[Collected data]
──────────
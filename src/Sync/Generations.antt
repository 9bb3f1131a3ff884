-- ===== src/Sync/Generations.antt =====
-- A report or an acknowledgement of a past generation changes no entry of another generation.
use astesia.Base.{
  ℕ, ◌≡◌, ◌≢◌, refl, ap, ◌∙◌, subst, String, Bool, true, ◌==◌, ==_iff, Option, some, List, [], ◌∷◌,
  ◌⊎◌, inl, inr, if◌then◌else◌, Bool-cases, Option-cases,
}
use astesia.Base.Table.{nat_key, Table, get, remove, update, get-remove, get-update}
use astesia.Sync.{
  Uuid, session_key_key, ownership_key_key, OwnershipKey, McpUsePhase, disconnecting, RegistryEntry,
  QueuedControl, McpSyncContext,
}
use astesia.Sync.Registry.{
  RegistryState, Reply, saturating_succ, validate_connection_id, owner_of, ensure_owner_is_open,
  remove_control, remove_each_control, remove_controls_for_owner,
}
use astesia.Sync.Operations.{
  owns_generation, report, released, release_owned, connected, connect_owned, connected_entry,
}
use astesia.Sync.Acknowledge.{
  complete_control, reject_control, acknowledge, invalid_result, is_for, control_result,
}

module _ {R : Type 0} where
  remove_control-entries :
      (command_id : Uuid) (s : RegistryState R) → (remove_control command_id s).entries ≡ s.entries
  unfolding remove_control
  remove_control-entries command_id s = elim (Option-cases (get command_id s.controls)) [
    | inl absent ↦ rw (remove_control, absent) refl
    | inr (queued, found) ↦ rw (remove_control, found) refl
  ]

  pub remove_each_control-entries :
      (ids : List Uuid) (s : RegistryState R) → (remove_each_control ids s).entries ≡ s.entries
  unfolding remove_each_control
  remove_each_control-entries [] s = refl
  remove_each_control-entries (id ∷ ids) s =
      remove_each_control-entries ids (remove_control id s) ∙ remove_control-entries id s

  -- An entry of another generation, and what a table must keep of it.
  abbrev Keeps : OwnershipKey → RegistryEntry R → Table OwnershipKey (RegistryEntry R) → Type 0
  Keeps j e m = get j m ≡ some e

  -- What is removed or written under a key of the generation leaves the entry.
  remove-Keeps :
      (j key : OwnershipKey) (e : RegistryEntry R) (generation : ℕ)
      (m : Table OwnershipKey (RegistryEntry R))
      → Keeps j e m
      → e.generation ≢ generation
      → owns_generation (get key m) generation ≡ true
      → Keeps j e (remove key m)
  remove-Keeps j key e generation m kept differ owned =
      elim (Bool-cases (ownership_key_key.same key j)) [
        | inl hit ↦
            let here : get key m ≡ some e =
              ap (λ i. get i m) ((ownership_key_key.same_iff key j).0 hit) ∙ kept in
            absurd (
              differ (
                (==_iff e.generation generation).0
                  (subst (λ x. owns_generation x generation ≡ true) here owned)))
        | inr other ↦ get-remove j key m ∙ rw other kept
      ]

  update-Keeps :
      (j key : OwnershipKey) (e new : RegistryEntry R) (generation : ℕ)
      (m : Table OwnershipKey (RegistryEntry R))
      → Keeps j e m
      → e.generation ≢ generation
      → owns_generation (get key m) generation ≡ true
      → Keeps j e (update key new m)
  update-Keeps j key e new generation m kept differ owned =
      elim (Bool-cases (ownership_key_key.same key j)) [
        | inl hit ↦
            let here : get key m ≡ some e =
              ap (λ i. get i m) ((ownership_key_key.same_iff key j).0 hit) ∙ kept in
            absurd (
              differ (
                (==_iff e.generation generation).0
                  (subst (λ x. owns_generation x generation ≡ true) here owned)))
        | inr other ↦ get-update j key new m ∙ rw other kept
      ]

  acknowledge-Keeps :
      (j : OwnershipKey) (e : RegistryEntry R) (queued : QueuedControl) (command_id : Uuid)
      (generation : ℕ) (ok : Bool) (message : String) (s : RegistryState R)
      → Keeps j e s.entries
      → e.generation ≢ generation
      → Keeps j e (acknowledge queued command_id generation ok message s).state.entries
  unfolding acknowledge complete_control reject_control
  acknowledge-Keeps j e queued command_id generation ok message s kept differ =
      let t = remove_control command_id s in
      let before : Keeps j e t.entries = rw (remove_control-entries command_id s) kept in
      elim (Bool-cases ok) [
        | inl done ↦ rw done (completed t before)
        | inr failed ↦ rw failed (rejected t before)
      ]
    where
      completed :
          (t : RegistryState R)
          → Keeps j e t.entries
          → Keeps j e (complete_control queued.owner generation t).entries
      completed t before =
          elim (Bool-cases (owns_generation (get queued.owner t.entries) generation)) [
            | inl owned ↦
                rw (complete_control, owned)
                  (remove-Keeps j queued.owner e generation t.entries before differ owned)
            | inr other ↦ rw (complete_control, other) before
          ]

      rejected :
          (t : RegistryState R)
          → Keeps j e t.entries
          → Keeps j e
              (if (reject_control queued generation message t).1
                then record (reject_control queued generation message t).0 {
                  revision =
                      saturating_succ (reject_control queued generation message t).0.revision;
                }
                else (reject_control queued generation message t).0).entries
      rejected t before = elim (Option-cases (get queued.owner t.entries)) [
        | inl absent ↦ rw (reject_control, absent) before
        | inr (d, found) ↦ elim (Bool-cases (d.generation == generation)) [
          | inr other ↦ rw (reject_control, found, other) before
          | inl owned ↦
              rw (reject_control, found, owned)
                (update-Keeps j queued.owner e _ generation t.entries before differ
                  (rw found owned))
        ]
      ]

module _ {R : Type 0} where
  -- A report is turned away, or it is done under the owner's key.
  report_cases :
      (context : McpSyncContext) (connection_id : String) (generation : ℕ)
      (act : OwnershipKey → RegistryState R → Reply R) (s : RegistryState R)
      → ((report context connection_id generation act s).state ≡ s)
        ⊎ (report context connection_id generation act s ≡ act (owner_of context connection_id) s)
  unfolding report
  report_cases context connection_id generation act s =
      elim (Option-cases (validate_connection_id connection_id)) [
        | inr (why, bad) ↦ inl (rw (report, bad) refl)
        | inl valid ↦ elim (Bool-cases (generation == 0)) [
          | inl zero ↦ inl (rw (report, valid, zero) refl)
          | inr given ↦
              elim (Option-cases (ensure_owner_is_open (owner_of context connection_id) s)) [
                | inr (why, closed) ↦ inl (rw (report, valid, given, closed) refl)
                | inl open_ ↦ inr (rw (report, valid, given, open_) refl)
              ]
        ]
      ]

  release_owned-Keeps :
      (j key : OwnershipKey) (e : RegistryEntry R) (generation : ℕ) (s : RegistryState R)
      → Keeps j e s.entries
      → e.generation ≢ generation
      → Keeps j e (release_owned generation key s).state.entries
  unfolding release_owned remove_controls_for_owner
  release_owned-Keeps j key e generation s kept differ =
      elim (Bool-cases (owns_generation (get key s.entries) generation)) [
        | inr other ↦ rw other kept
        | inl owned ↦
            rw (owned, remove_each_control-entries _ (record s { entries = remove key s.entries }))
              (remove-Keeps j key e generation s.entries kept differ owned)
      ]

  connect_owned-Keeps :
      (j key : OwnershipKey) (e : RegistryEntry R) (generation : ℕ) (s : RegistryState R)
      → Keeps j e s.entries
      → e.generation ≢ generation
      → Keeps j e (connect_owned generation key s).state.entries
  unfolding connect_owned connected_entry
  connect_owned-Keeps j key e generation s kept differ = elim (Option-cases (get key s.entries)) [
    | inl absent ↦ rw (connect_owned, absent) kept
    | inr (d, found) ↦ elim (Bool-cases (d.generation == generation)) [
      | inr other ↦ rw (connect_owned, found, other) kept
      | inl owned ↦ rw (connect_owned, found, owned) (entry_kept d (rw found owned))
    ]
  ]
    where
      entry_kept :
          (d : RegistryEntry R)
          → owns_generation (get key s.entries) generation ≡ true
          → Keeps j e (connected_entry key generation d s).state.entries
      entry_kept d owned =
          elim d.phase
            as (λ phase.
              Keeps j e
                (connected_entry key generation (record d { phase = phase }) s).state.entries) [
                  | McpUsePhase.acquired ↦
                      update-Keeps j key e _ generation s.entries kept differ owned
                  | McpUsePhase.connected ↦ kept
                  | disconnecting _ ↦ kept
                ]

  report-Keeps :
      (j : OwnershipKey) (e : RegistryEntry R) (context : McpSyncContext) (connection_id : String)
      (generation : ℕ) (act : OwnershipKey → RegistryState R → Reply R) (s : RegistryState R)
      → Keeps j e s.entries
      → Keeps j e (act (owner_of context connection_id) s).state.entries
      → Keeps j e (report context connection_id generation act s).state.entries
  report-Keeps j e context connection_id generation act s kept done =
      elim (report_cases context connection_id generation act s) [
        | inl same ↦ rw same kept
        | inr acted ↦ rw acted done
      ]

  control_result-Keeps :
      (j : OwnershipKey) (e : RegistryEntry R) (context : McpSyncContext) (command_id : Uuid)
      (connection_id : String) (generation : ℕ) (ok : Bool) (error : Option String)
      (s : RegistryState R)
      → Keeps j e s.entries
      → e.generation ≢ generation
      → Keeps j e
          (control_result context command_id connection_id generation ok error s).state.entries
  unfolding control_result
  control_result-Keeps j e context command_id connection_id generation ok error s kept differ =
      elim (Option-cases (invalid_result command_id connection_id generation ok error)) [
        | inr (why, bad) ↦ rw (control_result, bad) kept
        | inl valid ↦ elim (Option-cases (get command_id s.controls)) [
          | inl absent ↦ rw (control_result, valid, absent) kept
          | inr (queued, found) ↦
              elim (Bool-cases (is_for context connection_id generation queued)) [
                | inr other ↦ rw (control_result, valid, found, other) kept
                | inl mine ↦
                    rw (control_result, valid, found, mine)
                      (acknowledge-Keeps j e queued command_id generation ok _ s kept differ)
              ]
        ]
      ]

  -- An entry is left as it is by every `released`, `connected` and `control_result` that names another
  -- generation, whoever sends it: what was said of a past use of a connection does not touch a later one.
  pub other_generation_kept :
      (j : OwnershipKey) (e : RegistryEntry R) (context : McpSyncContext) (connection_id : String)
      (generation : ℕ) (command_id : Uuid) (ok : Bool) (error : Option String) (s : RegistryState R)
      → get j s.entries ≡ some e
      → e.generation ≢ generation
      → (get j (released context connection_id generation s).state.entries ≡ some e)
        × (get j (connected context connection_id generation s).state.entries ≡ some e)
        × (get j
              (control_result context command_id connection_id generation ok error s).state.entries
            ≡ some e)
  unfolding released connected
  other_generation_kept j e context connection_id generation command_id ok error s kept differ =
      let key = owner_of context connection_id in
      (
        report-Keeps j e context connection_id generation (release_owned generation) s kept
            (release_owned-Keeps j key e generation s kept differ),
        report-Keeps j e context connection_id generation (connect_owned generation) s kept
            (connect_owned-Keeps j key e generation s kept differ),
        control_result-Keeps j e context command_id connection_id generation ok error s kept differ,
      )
──────────
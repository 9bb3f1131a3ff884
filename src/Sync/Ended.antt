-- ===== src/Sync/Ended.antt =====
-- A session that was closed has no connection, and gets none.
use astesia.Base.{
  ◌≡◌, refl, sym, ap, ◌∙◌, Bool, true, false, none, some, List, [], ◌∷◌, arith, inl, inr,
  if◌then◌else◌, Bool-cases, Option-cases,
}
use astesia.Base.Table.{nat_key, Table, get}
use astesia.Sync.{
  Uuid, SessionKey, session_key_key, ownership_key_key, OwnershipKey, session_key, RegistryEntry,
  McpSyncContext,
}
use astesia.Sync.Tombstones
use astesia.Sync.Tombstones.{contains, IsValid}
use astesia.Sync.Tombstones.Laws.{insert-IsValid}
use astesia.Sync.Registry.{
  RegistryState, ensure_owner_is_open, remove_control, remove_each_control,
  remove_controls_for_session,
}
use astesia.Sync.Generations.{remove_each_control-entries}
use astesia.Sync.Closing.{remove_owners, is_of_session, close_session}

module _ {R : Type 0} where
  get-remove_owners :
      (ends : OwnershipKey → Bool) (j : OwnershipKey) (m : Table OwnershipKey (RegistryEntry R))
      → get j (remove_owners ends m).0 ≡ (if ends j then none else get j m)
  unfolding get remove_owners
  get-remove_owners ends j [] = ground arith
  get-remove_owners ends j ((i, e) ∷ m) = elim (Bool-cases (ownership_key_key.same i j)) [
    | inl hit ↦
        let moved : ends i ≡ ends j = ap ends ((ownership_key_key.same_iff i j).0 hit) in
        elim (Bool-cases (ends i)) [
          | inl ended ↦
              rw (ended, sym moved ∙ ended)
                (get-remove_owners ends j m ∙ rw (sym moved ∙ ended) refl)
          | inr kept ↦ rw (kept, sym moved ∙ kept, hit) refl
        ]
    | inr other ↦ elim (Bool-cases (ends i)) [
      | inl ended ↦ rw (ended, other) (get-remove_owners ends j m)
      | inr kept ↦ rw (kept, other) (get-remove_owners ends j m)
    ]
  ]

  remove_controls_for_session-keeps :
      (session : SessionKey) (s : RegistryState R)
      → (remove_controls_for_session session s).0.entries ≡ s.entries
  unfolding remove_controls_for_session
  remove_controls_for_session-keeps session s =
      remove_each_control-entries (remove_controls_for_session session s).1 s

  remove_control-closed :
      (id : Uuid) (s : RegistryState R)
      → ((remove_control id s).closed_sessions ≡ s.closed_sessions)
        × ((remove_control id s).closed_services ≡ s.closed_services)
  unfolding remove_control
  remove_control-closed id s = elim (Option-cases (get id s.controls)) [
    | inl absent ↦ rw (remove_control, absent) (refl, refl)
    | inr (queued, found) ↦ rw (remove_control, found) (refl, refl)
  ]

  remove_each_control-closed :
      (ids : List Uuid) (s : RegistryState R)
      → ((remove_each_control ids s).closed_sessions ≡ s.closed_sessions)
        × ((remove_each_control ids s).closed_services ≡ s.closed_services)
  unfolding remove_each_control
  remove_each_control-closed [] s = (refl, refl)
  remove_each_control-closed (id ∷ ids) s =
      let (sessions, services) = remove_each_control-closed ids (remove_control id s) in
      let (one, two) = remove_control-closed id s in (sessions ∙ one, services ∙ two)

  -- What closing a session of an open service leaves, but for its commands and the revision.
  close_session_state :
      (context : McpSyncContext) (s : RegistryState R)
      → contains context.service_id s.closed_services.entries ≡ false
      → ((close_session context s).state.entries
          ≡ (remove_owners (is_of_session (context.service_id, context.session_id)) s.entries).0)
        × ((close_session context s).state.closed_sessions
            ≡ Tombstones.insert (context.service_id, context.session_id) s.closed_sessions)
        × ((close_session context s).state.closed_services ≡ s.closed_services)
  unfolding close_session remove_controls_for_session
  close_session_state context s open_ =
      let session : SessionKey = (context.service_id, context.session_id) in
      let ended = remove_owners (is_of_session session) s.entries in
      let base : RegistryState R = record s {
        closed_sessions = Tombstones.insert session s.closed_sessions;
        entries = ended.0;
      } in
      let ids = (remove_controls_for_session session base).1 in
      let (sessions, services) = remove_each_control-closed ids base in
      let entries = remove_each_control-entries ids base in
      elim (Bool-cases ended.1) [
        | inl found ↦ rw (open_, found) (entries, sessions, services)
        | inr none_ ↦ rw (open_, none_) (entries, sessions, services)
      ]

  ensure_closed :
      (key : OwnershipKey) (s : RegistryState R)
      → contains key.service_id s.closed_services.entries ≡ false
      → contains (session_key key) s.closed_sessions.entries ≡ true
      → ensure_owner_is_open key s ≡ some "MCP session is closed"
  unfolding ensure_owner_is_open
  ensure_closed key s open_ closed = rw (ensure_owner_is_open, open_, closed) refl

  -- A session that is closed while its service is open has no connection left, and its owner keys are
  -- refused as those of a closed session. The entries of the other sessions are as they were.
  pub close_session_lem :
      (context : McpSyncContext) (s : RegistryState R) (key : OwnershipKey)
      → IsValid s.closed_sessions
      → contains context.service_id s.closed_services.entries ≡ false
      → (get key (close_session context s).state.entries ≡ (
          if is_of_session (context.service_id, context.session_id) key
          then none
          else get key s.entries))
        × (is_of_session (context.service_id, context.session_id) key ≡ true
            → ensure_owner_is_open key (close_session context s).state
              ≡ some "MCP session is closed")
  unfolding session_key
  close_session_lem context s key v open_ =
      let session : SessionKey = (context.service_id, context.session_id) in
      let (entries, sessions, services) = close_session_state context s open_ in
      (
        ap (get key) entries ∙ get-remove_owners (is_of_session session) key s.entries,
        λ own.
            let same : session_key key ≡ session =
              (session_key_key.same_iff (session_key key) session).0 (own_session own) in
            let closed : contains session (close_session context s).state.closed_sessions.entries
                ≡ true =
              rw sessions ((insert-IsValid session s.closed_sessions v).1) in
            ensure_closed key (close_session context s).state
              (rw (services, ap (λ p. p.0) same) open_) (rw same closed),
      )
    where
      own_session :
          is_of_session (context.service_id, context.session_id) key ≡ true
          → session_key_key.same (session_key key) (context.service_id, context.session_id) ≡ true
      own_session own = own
──────────
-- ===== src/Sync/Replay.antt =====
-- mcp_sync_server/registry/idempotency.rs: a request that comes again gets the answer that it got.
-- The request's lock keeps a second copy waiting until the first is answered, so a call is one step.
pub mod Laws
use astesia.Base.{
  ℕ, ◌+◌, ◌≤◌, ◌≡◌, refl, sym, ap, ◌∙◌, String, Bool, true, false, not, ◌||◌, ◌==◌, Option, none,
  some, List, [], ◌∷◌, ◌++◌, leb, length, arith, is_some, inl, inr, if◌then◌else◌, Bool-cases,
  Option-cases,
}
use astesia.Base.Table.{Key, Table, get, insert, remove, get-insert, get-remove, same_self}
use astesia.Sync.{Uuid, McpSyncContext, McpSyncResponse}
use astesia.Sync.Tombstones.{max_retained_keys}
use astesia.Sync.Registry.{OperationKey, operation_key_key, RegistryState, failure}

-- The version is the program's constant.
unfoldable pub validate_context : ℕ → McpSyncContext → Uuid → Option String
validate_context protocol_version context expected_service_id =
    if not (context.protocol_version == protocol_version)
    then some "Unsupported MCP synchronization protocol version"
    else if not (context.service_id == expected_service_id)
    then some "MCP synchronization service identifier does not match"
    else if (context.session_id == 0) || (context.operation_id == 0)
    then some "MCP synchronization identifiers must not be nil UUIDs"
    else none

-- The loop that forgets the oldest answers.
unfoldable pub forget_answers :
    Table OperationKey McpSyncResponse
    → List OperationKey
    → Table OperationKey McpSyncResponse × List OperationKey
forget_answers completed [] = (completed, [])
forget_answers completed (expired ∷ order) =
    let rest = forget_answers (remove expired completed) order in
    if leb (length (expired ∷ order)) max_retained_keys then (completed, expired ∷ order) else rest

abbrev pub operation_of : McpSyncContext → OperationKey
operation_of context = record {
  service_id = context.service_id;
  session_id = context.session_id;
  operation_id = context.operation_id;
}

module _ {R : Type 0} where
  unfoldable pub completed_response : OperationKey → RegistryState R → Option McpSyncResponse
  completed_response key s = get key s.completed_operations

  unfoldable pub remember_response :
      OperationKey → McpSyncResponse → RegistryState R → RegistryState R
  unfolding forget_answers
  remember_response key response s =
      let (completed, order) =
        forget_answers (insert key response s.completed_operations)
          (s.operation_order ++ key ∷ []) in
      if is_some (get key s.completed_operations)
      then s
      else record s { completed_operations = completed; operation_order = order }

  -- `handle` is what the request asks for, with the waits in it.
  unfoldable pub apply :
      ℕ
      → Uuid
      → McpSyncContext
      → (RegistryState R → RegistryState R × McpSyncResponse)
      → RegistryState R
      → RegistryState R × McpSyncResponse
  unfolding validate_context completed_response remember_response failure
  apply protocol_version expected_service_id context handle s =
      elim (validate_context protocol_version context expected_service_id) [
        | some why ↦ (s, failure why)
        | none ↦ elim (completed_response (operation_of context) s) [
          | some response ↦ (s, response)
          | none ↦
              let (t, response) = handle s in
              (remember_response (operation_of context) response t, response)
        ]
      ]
──────────
# EXERCISE AIM
Scan the entries for lines holding the string "List", then copy every one of them.

# EXERCISE OUTPUT
  ℕ, ◌≡◌, ◌≢◌, refl, ap, ◌∙◌, subst, String, Bool, true, ◌==◌, ==_iff, Option, some, List, [], ◌∷◌,
      (ids : List Uuid) (s : RegistryState R) → (remove_each_control ids s).entries ≡ s.entries
  ◌≡◌, refl, sym, ap, ◌∙◌, Bool, true, false, none, some, List, [], ◌∷◌, arith, inl, inr,
      (ids : List Uuid) (s : RegistryState R)
  some, List, [], ◌∷◌, ◌++◌, leb, length, arith, is_some, inl, inr, if◌then◌else◌, Bool-cases,
    → List OperationKey
    → Table OperationKey McpSyncResponse × List OperationKey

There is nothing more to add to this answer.